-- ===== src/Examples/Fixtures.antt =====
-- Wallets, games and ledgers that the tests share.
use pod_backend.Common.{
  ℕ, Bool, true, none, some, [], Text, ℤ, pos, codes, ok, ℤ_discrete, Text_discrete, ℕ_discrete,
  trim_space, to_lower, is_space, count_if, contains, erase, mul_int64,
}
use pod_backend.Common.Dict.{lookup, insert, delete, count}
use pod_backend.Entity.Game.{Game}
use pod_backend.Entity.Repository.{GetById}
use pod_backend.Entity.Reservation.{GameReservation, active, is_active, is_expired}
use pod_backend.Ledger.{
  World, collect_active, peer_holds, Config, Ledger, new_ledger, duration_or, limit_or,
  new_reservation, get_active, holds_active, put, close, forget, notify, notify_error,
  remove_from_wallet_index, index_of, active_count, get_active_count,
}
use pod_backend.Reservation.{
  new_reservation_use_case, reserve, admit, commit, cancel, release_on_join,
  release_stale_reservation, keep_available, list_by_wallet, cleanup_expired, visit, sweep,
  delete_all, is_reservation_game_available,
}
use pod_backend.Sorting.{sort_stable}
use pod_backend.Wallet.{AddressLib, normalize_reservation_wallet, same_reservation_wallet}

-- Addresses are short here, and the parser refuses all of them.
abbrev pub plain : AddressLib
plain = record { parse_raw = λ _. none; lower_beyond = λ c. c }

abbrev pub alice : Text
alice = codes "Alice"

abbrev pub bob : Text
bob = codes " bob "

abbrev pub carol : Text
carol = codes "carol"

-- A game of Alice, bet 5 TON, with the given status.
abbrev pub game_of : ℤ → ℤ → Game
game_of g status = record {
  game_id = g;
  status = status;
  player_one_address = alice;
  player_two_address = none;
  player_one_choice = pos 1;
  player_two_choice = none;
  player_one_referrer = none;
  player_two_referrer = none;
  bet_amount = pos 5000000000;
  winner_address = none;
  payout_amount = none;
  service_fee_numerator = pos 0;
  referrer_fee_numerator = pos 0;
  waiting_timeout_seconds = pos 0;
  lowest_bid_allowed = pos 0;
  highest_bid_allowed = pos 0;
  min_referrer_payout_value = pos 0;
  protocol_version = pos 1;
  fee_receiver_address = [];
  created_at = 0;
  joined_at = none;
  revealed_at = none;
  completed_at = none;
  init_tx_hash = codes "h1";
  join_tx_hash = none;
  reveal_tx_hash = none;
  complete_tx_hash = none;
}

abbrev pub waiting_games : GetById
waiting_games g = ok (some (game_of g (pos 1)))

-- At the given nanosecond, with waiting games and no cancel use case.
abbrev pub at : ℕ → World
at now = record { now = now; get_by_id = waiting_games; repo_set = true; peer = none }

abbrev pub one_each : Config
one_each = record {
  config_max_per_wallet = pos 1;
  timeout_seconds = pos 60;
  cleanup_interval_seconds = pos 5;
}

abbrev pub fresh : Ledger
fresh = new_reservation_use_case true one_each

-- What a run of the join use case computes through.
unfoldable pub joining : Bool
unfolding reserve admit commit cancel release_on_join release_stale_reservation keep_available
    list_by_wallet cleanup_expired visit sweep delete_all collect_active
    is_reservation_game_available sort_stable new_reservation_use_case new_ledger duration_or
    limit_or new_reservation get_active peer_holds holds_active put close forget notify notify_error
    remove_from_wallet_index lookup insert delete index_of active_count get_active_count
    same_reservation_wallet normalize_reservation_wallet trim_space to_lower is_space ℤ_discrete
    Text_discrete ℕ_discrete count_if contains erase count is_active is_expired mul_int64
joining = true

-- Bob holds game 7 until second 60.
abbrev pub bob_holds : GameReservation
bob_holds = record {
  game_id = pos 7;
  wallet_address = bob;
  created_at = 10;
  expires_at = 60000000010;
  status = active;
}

### EXERCISE
Look above for the line that contains "service_fee_numerator = pos 0;". Starting there, transcribe every line exactly until you have copied the line that contains "fee_receiver_address = [];".

### SOLUTION FOR THIS PROBLEM
  service_fee_numerator = pos 0;
  referrer_fee_numerator = pos 0;
  waiting_timeout_seconds = pos 0;
  lowest_bid_allowed = pos 0;
  highest_bid_allowed = pos 0;
  min_referrer_payout_value = pos 0;
  protocol_version = pos 1;
  fee_receiver_address = [];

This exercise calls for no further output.